Please retype all of the data below, word for word.

-----

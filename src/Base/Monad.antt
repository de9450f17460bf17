-- ===== src/Base/Monad.antt =====
-- Code with state that may panic, or stop at a lock that another process holds.
use Prim.Native.Nat.{ℕ, zero, suc, ◌+◌}
use mathlib.Core.Path.{◌≡◌, refl, sym}
use mathlib.Core.Bool.{Bool, true, false}

pub data Stop : Type 0 where
  panicking waiting : Stop

pub data Result (A : Type 0) : Type 0 where
  ok : A → Result A
  stopped : Stop → Result A

abbrev pub M : Type 0 → Type 0 → Type 0
M S A = S → Result (A × S)

infixl 5 ◌>>=◌ ◌>>◌
abbrev pub ◌>>=◌ : {S A B : Type 0} → M S A → (A → M S B) → M S B
◌>>=◌ m f s = elim (m s) [ ok (a, s') ↦ f a s' | stopped e ↦ stopped e ]

abbrev pub ◌>>◌ : {S B : Type 0} → M S (Unit {0}) → M S B → M S B
m >> k = m >>= λ _. k

module _ {S : Type 0} where
  abbrev pub pure : {A : Type 0} → A → M S A
  pure a s = ok (a, s)

  abbrev pub panic : {A : Type 0} → M S A
  panic s = stopped panicking

  abbrev pub gets : {A : Type 0} → (S → A) → M S A
  gets f s = ok (f s, s)

  abbrev pub change : (S → S) → M S (Unit {0})
  change f s = ok (tt, f s)

  -- `if (b) panic(...);`
  abbrev pub panic_if : Bool → M S (Unit {0})
  panic_if b s = elim b [ true ↦ stopped panicking | false ↦ ok (tt, s) ]

-- The parts of a run that ends.
pub >>=-ok :
    {S A B : Type 0} (m : M S A) (f : A → M S B) (s : S) {r : B × S}
    → (m >>= f) s ≡ ok r
    → (a : A) × (s' : S) × (m s ≡ ok (a, s')) × (f a s' ≡ ok r)
>>=-ok {S} {A} {B} m f s {r} e = parts (m s) refl e
  where
    parts :
        (x : Result (A × S))
        → m s ≡ x
        → (elim x as (λ _. Result (B × S)) [ ok (a, s') ↦ f a s' | stopped e ↦ stopped e ]) ≡ ok r
        → (a : A) × (s' : S) × (m s ≡ ok (a, s')) × (f a s' ≡ ok r)
    parts (ok (a, s')) p q = (a, s', p, q)
    parts (stopped z) p q = cc

module _ {S : Type 0} where
  abbrev pub when : Bool → M S (Unit {0}) → M S (Unit {0})
  when b m s = elim b [ true ↦ m s | false ↦ ok (tt, s) ]

  -- `for (i = a; i < a + n; i++) f(i);`
  unfoldable pub for_each : ℕ → ℕ → (ℕ → M S (Unit {0})) → M S (Unit {0})
  for_each zero i f s = ok (tt, s)
  for_each (suc n) i f s = elim (f i s) [
    | ok (u, s') ↦ for_each n (i + 1) f s'
    | stopped e ↦ stopped e
  ]

pub ok_inj : {A : Type 0} {a b : A} → ok a ≡ ok b → a ≡ b
ok_inj e = cc

-- A run whose first part is known.
pub >>=-run :
    {S A B : Type 0} (m : M S A) (f : A → M S B) (s : S) (a : A) (s' : S)
    → m s ≡ ok (a, s')
    → (m >>= f) s ≡ f a s'
>>=-run m f s a s' e = rw (◌>>=◌, e)

pub panic_if-ok :
    {S : Type 0} (b : Bool) (s : S) {r : Unit {0} × S}
    → panic_if b s ≡ ok r
    → (b ≡ false) × (r ≡ (tt, s))
panic_if-ok true s e = cc
panic_if-ok false s e = (refl, sym (ok_inj e))
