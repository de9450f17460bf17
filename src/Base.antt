-- ===== src/Base.antt =====
-- The names that the modules of the development share: those of the libraries, passed on, and
-- those of the children (tests on numbers, lists by native numbers, 32-bit words).
mod Tests
mod Lists
mod Word
mod Array
mod Monad
mod Memory
mod Spans
pub use Tests.*
pub use Lists.*
pub use Word.*
unfoldable pub use Memory.*
pub use Spans.*
unfoldable pub use Monad.*
unfoldable pub use Array.*
pub use Prim.Native.Nat.{ℕ, zero, suc, ◌+◌, ◌-◌, ◌*◌, ◌/◌, ◌%◌, ◌^◌, ◌≤◌, ◌<◌}
pub use mathlib.Core.Path.{◌≡◌, refl, sym, ap, ◌∙◌}
pub use mathlib.Core.Logic.{◌≢◌, ◌↔◌, ◌⊎◌, inl, inr}
pub use mathlib.Core.Bool.{Bool, true, false, not, ◌&&◌, ◌||◌}
pub use mathlib.Core.Option.{Option, none, some}
pub use mathlib.Core.List.{List, [], ◌∷◌, ◌++◌, map}
pub use native.Mathlib.Omega.{arith}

-----

(Exercise output):
filename src/Base/Monad.antt
repository de9450f17460bf17
-- ===== src/Base/Monad.antt =====
-- Code with state that may panic, or stop at a lock that another process holds.
use Prim.Native.Nat.{ℕ, zero, suc, ◌+◌}
use mathlib.Core.Path.{◌≡◌, refl, sym}
use mathlib.Core.Bool.{Bool, true, false}

pub data Stop : Type 0 where
  panicking waiting : Stop

pub data Result (A : Type 0) : Type 0 where
  ok : A → Result A
  stopped : Stop → Result A

abbrev pub M : Type 0 → Type 0 → Type 0
M S A = S → Result (A × S)

infixl 5 ◌>>=◌ ◌>>◌
abbrev pub ◌>>=◌ : {S A B : Type 0} → M S A → (A → M S B) → M S B
◌>>=◌ m f s = elim (m s) [ ok (a, s') ↦ f a s' | stopped e ↦ stopped e ]

abbrev pub ◌>>◌ : {S B : Type 0} → M S (Unit {0}) → M S B → M S B
m >> k = m >>= λ _. k

module _ {S : Type 0} where
  abbrev pub pure : {A : Type 0} → A → M S A
  pure a s = ok (a, s)

  abbrev pub panic : {A : Type 0} → M S A
  panic s = stopped panicking

  abbrev pub gets : {A : Type 0} → (S → A) → M S A
  gets f s = ok (f s, s)

  abbrev pub change : (S → S) → M S (Unit {0})
  change f s = ok (tt, f s)

  -- `if (b) panic(...);`
  abbrev pub panic_if : Bool → M S (Unit {0})
  panic_if b s = elim b [ true ↦ stopped panicking | false ↦ ok (tt, s) ]

-- The parts of a run that ends.
pub >>=-ok :
    {S A B : Type 0} (m : M S A) (f : A → M S B) (s : S) {r : B × S}
    → (m >>= f) s ≡ ok r
    → (a : A) × (s' : S) × (m s ≡ ok (a, s')) × (f a s' ≡ ok r)
>>=-ok {S} {A} {B} m f s {r} e = parts (m s) refl e
  where
    parts :
        (x : Result (A × S))
        → m s ≡ x
        → (elim x as (λ _. Result (B × S)) [ ok (a, s') ↦ f a s' | stopped e ↦ stopped e ]) ≡ ok r
        → (a : A) × (s' : S) × (m s ≡ ok (a, s')) × (f a s' ≡ ok r)
    parts (ok (a, s')) p q = (a, s', p, q)
    parts (stopped z) p q = cc

module _ {S : Type 0} where
  abbrev pub when : Bool → M S (Unit {0}) → M S (Unit {0})
  when b m s = elim b [ true ↦ m s | false ↦ ok (tt, s) ]

  -- `for (i = a; i < a + n; i++) f(i);`
  unfoldable pub for_each : ℕ → ℕ → (ℕ → M S (Unit {0})) → M S (Unit {0})
  for_each zero i f s = ok (tt, s)
  for_each (suc n) i f s = elim (f i s) [
    | ok (u, s') ↦ for_each n (i + 1) f s'
    | stopped e ↦ stopped e
  ]

pub ok_inj : {A : Type 0} {a b : A} → ok a ≡ ok b → a ≡ b
ok_inj e = cc

-- A run whose first part is known.
pub >>=-run :
    {S A B : Type 0} (m : M S A) (f : A → M S B) (s : S) (a : A) (s' : S)
    → m s ≡ ok (a, s')
    → (m >>= f) s ≡ f a s'
>>=-run m f s a s' e = rw (◌>>=◌, e)

pub panic_if-ok :
    {S : Type 0} (b : Bool) (s : S) {r : Unit {0} × S}
    → panic_if b s ≡ ok r
    → (b ≡ false) × (r ≡ (tt, s))
panic_if-ok true s e = cc
panic_if-ok false s e = (refl, sym (ok_inj e))
repository de9450f17460bf17
filename src/Base.antt
-- ===== src/Base.antt =====
-- The names that the modules of the development share: those of the libraries, passed on, and
-- those of the children (tests on numbers, lists by native numbers, 32-bit words).
mod Tests
mod Lists
mod Word
mod Array
mod Monad
mod Memory
mod Spans
pub use Tests.*
pub use Lists.*
pub use Word.*
unfoldable pub use Memory.*
pub use Spans.*
unfoldable pub use Monad.*
unfoldable pub use Array.*
pub use Prim.Native.Nat.{ℕ, zero, suc, ◌+◌, ◌-◌, ◌*◌, ◌/◌, ◌%◌, ◌^◌, ◌≤◌, ◌<◌}
pub use mathlib.Core.Path.{◌≡◌, refl, sym, ap, ◌∙◌}
pub use mathlib.Core.Logic.{◌≢◌, ◌↔◌, ◌⊎◌, inl, inr}
pub use mathlib.Core.Bool.{Bool, true, false, not, ◌&&◌, ◌||◌}
pub use mathlib.Core.Option.{Option, none, some}
pub use mathlib.Core.List.{List, [], ◌∷◌, ◌++◌, map}
pub use native.Mathlib.Omega.{arith}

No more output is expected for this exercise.